» **TO DO**
Starting with the line that contains "auth_and_update_record_file_again (machine 100)" and stopping after the line that contains "(db.group_entry user.gid ≡ ok (some", return each line below exactly as written, with no others.

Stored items
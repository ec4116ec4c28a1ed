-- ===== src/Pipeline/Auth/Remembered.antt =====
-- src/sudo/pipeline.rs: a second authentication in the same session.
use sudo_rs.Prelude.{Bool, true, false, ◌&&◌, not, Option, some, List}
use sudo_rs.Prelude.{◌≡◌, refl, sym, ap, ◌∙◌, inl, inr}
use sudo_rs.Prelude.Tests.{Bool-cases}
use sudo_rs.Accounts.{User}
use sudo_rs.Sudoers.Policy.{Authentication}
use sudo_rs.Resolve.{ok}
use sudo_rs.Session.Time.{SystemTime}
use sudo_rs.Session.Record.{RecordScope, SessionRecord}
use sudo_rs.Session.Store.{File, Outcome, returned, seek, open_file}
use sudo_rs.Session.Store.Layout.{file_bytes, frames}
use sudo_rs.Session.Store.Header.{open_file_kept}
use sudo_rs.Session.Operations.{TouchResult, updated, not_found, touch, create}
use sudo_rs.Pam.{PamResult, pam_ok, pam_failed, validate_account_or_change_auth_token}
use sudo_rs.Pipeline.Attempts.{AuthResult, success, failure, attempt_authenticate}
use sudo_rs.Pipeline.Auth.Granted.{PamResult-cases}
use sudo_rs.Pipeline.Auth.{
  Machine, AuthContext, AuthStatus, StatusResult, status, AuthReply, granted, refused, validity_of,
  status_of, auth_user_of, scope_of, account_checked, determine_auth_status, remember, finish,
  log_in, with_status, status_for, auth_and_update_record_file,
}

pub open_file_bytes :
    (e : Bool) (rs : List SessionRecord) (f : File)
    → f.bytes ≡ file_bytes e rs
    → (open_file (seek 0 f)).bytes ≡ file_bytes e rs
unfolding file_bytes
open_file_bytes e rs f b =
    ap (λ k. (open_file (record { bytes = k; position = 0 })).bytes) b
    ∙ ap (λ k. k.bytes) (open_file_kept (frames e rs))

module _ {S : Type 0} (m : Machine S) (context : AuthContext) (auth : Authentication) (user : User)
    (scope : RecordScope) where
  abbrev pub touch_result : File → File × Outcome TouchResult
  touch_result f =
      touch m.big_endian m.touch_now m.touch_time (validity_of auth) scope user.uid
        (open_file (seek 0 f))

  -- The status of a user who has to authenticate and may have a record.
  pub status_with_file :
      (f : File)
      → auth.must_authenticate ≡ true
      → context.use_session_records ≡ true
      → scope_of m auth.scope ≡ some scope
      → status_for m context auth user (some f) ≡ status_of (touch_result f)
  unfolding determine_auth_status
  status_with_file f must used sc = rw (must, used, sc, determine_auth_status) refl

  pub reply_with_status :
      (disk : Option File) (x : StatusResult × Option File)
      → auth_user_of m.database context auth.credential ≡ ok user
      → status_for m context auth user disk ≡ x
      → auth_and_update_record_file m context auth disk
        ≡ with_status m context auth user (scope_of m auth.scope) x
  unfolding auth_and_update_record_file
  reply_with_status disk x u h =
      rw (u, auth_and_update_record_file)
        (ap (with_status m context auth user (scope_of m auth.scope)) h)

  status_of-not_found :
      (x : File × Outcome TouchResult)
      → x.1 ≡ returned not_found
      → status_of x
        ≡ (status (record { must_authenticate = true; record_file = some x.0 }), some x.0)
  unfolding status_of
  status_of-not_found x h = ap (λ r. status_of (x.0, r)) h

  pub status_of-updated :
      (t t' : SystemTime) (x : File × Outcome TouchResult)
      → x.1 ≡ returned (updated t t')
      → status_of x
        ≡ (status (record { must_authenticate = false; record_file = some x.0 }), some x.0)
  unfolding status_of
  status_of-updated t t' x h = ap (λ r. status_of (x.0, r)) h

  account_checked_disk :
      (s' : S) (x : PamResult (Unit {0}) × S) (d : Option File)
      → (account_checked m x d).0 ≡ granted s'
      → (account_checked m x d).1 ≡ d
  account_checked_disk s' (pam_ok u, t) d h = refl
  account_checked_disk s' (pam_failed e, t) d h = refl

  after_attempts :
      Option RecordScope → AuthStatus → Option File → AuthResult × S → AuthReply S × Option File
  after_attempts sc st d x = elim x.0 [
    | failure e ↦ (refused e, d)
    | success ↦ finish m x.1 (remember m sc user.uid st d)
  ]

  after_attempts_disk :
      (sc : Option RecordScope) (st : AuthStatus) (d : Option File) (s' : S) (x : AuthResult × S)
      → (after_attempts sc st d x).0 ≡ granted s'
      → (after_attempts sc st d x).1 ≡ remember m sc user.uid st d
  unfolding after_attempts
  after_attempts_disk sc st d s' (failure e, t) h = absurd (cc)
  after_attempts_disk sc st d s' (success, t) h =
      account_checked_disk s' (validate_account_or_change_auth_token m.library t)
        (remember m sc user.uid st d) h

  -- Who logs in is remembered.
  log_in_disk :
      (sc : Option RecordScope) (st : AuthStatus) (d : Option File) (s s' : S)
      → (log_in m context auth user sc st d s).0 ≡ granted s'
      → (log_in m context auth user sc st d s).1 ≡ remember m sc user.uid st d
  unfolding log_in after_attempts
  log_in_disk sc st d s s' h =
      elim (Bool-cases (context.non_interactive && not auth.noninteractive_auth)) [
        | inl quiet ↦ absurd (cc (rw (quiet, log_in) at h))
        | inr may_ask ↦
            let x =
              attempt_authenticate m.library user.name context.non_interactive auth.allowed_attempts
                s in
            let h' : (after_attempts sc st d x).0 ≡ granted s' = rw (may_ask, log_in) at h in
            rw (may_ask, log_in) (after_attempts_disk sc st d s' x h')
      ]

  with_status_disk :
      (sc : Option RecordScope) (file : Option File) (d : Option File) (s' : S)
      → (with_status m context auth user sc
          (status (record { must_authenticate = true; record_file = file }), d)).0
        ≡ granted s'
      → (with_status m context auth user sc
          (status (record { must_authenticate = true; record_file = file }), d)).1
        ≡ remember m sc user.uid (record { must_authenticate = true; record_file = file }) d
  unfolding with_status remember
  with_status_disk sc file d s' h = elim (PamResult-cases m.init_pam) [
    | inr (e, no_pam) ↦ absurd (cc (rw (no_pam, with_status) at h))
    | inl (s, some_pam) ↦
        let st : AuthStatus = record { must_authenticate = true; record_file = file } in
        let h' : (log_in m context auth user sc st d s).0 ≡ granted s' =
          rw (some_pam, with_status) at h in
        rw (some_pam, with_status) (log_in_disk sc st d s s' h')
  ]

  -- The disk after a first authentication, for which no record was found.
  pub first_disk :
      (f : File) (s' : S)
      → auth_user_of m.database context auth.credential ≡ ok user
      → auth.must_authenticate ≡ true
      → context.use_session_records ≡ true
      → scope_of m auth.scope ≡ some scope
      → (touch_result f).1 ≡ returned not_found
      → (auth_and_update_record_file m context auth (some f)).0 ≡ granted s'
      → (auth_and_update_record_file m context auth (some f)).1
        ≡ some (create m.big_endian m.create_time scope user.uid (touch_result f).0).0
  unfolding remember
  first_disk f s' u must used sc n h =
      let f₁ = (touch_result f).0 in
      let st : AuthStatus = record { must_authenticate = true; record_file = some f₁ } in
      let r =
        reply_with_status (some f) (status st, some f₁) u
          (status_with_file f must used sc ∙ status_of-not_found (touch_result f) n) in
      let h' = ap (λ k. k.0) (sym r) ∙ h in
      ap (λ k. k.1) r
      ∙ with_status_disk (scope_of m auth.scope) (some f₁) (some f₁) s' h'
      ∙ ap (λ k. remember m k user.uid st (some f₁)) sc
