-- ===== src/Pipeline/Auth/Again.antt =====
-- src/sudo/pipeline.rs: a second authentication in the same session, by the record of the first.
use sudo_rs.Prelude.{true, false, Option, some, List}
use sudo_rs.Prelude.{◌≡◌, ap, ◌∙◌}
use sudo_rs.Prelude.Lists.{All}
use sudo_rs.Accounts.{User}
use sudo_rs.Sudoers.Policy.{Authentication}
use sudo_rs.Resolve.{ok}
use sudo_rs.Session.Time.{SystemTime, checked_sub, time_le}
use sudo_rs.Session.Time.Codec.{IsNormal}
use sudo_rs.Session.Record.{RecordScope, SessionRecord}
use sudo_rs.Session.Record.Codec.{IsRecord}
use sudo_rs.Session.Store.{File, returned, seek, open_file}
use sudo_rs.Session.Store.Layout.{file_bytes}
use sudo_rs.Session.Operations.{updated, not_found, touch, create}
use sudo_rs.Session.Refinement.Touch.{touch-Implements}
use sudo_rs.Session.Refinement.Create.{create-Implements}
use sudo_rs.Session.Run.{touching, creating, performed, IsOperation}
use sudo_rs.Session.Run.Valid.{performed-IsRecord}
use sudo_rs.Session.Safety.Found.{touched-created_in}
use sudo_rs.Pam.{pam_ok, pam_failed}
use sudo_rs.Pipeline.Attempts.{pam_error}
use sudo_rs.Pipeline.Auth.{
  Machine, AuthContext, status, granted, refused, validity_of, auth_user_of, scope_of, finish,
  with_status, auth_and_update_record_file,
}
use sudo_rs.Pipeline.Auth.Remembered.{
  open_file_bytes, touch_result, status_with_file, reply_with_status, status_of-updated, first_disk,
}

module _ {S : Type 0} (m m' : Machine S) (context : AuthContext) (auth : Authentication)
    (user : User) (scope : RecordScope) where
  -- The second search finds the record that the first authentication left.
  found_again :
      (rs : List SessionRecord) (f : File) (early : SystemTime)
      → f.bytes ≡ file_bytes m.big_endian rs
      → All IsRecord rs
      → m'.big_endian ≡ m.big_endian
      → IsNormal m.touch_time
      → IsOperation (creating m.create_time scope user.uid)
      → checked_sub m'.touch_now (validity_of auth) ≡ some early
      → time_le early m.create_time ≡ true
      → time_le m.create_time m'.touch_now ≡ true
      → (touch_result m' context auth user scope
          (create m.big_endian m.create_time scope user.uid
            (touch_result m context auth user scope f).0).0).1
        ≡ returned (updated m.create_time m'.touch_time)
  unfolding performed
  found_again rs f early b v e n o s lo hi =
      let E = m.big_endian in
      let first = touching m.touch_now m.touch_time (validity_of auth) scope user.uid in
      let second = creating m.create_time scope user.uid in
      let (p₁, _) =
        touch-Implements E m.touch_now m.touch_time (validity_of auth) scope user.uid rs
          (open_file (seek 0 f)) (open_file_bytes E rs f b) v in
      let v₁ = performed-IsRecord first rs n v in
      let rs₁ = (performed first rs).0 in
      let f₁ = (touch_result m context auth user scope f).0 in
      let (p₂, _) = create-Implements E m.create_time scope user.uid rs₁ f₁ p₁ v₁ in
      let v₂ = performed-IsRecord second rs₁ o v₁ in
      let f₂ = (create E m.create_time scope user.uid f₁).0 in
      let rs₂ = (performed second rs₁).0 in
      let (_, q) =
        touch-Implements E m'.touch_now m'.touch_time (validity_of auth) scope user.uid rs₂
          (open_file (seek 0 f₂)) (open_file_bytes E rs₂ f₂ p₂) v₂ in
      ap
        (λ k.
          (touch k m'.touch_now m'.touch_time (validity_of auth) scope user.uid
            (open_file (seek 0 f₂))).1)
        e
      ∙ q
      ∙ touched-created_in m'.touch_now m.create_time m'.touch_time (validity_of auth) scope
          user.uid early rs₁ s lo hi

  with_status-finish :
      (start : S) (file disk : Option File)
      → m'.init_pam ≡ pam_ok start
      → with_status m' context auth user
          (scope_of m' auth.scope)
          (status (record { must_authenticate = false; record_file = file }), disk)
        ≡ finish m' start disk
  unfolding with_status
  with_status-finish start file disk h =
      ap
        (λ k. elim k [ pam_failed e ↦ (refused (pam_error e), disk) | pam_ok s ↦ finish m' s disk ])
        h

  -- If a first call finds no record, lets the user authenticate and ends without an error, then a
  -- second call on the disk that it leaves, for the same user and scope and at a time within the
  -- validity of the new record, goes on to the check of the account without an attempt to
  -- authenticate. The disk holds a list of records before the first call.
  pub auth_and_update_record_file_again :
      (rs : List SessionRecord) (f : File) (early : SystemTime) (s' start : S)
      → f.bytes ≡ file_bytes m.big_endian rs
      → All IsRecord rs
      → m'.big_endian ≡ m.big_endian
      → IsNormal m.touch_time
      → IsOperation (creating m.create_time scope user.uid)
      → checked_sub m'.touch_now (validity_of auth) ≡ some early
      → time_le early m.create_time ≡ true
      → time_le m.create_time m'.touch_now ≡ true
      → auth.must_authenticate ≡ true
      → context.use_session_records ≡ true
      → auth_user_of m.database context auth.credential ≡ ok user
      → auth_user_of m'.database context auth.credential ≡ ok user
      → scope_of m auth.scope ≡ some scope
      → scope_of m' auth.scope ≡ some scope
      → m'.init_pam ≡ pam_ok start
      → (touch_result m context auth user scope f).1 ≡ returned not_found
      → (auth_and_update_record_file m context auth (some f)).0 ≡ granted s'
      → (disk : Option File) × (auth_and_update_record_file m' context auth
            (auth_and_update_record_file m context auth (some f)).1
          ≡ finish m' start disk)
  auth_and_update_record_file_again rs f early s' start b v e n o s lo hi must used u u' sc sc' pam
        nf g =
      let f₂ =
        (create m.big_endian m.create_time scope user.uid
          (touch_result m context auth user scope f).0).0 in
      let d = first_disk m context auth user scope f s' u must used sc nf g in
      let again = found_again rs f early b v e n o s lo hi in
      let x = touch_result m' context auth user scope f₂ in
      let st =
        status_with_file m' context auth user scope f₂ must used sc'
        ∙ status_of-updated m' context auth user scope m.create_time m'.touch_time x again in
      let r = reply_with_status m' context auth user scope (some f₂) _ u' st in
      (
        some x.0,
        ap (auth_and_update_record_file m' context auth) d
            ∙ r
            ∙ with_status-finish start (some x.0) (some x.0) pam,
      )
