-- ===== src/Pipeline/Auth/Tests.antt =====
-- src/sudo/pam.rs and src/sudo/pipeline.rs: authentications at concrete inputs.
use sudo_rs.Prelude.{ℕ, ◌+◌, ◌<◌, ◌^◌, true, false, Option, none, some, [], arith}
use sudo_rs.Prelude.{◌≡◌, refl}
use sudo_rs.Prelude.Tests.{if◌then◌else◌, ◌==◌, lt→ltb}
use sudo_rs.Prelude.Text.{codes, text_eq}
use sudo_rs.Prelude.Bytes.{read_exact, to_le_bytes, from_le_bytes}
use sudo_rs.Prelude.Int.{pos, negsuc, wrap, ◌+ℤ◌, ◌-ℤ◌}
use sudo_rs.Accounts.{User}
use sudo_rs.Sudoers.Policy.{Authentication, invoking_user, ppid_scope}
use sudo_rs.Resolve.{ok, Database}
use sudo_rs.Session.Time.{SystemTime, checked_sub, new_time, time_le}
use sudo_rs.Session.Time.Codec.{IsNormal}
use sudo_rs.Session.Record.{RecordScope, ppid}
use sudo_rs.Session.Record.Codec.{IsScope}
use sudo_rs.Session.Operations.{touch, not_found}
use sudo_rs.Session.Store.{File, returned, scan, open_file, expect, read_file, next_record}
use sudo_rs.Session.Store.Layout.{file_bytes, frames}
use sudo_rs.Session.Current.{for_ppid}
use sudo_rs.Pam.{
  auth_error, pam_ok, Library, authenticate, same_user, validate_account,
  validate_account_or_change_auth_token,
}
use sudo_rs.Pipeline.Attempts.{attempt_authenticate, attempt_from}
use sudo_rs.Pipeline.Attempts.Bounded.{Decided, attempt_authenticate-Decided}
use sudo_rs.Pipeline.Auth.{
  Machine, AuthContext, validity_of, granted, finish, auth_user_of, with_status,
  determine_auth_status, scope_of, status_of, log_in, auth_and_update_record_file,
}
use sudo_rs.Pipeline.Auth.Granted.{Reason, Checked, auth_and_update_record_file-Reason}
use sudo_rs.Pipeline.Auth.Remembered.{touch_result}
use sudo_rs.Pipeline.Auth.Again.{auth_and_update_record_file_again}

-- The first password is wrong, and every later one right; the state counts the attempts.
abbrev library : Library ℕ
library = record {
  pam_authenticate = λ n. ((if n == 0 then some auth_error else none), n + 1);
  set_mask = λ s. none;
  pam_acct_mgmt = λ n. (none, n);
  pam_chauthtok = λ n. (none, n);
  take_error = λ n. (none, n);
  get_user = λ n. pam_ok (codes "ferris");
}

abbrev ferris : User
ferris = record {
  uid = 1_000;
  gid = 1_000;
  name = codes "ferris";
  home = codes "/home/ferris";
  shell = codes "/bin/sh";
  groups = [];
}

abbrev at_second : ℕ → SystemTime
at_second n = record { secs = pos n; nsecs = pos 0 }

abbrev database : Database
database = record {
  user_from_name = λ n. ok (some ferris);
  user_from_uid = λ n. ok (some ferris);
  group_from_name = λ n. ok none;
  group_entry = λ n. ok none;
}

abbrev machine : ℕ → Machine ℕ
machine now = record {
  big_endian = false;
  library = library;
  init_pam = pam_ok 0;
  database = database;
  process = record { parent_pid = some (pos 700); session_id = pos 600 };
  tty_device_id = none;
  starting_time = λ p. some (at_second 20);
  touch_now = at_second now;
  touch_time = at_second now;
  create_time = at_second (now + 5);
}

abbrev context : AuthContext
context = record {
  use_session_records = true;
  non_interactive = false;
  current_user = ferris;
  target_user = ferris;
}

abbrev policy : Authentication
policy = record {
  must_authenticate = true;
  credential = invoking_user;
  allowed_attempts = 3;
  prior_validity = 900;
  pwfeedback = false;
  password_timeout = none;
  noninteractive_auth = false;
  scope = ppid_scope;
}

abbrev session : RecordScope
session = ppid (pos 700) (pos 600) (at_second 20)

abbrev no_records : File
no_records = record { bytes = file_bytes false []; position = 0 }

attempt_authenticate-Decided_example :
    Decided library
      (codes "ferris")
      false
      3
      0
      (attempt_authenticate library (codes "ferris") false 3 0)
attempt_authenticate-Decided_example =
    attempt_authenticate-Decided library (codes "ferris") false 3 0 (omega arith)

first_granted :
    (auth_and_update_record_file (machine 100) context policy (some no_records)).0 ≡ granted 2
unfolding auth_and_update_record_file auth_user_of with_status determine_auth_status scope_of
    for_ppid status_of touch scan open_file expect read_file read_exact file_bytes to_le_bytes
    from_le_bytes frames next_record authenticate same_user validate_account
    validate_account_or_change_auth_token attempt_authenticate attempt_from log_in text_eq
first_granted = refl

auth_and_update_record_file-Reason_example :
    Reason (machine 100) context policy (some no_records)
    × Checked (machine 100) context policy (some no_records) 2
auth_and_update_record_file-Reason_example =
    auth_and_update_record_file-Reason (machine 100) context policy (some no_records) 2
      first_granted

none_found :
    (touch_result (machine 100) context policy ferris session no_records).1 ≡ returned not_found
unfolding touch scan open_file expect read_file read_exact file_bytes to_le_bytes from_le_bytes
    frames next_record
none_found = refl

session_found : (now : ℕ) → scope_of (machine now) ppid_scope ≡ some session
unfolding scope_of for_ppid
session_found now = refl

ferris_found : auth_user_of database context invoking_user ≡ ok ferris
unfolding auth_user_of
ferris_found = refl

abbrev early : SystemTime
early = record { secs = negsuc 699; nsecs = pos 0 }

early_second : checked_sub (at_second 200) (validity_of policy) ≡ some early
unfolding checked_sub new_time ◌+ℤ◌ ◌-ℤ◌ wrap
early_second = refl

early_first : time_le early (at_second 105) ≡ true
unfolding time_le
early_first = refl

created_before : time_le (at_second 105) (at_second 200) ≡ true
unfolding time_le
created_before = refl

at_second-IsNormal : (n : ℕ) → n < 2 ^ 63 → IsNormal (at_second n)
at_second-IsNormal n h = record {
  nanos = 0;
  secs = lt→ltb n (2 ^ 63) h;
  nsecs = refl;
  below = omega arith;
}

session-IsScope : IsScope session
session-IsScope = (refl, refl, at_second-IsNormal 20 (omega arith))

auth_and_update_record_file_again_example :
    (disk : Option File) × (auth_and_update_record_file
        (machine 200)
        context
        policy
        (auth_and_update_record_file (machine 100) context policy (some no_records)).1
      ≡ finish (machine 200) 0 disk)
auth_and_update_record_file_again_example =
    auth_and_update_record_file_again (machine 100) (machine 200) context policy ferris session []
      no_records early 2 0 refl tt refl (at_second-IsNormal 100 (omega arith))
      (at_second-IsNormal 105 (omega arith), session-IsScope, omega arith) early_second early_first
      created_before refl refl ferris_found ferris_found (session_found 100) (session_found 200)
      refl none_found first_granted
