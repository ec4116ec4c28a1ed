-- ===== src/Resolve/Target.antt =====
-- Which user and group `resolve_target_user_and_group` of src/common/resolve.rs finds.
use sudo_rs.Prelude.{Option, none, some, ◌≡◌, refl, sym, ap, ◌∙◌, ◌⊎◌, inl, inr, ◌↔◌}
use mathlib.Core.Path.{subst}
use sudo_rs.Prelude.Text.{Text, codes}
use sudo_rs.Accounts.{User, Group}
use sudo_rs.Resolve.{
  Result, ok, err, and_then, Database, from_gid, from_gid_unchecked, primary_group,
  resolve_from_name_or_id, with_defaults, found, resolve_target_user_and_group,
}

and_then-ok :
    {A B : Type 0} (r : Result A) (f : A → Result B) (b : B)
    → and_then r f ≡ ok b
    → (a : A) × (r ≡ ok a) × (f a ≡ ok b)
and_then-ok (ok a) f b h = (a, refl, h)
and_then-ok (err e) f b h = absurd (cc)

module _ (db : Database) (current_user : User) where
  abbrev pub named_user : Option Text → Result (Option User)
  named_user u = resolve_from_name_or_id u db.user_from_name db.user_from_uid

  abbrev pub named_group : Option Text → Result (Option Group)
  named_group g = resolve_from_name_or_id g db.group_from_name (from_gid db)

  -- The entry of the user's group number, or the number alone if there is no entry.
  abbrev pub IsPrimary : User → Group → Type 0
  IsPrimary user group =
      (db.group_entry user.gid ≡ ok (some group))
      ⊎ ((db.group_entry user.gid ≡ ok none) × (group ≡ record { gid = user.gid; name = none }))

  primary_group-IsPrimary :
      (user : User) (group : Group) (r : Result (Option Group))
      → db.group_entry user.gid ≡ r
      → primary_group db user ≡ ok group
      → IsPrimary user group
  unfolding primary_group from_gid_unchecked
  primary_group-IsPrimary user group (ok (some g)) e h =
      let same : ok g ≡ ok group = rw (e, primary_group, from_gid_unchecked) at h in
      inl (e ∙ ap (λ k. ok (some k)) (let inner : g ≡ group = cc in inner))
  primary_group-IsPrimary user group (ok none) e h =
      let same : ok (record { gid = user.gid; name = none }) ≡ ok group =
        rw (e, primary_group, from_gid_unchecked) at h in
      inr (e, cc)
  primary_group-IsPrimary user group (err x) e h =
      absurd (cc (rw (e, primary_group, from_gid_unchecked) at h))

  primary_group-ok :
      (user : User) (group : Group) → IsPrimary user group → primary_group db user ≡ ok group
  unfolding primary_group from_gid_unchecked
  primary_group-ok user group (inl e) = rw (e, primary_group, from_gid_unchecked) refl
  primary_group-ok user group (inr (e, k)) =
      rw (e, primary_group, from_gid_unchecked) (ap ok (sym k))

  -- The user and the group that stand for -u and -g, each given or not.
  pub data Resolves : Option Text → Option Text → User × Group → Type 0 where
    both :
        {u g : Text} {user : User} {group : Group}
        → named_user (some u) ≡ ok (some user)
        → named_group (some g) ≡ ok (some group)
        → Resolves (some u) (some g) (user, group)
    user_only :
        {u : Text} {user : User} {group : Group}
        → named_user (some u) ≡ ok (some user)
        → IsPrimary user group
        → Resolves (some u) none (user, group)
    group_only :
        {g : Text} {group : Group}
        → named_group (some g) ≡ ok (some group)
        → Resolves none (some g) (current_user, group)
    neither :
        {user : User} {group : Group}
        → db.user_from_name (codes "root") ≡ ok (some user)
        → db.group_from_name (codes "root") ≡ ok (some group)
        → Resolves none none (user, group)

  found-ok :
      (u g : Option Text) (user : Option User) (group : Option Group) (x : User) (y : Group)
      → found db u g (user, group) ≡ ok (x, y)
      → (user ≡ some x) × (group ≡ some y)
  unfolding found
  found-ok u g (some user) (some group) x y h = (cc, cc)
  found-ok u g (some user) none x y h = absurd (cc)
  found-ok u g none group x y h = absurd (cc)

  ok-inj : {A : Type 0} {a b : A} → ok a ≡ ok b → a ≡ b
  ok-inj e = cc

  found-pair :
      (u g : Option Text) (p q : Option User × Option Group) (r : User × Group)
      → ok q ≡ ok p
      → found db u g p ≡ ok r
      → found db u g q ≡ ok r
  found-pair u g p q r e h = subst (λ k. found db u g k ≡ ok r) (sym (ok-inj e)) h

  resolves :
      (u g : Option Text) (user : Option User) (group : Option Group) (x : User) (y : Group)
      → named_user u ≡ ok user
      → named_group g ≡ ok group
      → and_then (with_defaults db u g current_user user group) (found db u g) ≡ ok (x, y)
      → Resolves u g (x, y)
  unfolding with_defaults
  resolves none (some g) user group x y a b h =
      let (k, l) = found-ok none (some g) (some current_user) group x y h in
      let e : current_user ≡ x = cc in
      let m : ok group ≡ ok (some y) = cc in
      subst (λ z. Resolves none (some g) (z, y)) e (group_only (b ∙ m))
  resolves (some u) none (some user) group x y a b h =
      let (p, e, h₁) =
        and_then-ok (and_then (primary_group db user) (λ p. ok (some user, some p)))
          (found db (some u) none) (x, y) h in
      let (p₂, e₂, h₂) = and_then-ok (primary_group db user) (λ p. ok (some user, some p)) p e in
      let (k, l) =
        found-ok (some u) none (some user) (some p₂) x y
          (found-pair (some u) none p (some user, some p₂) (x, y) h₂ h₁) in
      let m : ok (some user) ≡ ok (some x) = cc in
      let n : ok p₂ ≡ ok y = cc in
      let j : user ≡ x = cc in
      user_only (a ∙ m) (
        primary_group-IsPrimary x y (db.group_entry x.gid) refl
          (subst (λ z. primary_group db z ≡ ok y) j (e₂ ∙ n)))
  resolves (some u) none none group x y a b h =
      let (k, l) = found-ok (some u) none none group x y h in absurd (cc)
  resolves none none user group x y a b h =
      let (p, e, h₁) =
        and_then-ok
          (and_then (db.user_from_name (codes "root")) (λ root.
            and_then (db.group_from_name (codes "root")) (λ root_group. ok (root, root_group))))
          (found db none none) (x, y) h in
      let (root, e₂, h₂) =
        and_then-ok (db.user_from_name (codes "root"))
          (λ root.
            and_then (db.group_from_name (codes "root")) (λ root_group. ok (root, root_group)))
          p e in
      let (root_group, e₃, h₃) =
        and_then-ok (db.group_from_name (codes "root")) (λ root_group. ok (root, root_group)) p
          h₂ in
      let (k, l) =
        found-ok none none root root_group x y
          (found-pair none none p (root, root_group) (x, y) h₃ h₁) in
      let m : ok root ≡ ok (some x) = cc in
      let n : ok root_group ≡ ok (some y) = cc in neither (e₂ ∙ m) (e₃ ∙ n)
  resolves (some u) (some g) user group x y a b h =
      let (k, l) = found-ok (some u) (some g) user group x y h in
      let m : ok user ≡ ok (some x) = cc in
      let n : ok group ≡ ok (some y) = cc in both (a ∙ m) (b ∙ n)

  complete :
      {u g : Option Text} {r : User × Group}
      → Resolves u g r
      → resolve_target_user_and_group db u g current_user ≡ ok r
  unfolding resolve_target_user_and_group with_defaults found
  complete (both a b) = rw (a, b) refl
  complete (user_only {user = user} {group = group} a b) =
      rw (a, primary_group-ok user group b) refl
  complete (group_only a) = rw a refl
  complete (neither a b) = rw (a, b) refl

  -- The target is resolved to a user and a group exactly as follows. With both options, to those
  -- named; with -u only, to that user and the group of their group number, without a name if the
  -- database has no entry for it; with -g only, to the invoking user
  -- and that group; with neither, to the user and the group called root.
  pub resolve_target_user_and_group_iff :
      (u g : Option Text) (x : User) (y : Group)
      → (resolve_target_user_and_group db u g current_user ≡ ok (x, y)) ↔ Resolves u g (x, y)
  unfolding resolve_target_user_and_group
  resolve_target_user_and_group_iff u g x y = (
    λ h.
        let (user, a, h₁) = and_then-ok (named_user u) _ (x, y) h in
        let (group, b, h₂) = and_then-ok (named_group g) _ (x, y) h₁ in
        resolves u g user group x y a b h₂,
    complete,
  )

» **EXERCISE RESPONSE**
    auth_and_update_record_file_again (machine 100) (machine 200) context policy ferris session []
      no_records early 2 0 refl tt refl (at_second-IsNormal 100 (omega arith))
      (at_second-IsNormal 105 (omega arith), session-IsScope, omega arith) early_second early_first
      created_before refl refl ferris_found ferris_found (session_found 100) (session_found 200)
      refl none_found first_granted
repository ec4116ec4c28a1ed
-- ===== src/Resolve/Target.antt =====
-- Which user and group `resolve_target_user_and_group` of src/common/resolve.rs finds.
use sudo_rs.Prelude.{Option, none, some, ◌≡◌, refl, sym, ap, ◌∙◌, ◌⊎◌, inl, inr, ◌↔◌}
use mathlib.Core.Path.{subst}
use sudo_rs.Prelude.Text.{Text, codes}
use sudo_rs.Accounts.{User, Group}
use sudo_rs.Resolve.{
  Result, ok, err, and_then, Database, from_gid, from_gid_unchecked, primary_group,
  resolve_from_name_or_id, with_defaults, found, resolve_target_user_and_group,
}

and_then-ok :
    {A B : Type 0} (r : Result A) (f : A → Result B) (b : B)
    → and_then r f ≡ ok b
    → (a : A) × (r ≡ ok a) × (f a ≡ ok b)
and_then-ok (ok a) f b h = (a, refl, h)
and_then-ok (err e) f b h = absurd (cc)

module _ (db : Database) (current_user : User) where
  abbrev pub named_user : Option Text → Result (Option User)
  named_user u = resolve_from_name_or_id u db.user_from_name db.user_from_uid

  abbrev pub named_group : Option Text → Result (Option Group)
  named_group g = resolve_from_name_or_id g db.group_from_name (from_gid db)

  -- The entry of the user's group number, or the number alone if there is no entry.
  abbrev pub IsPrimary : User → Group → Type 0
  IsPrimary user group =
      (db.group_entry user.gid ≡ ok (some group))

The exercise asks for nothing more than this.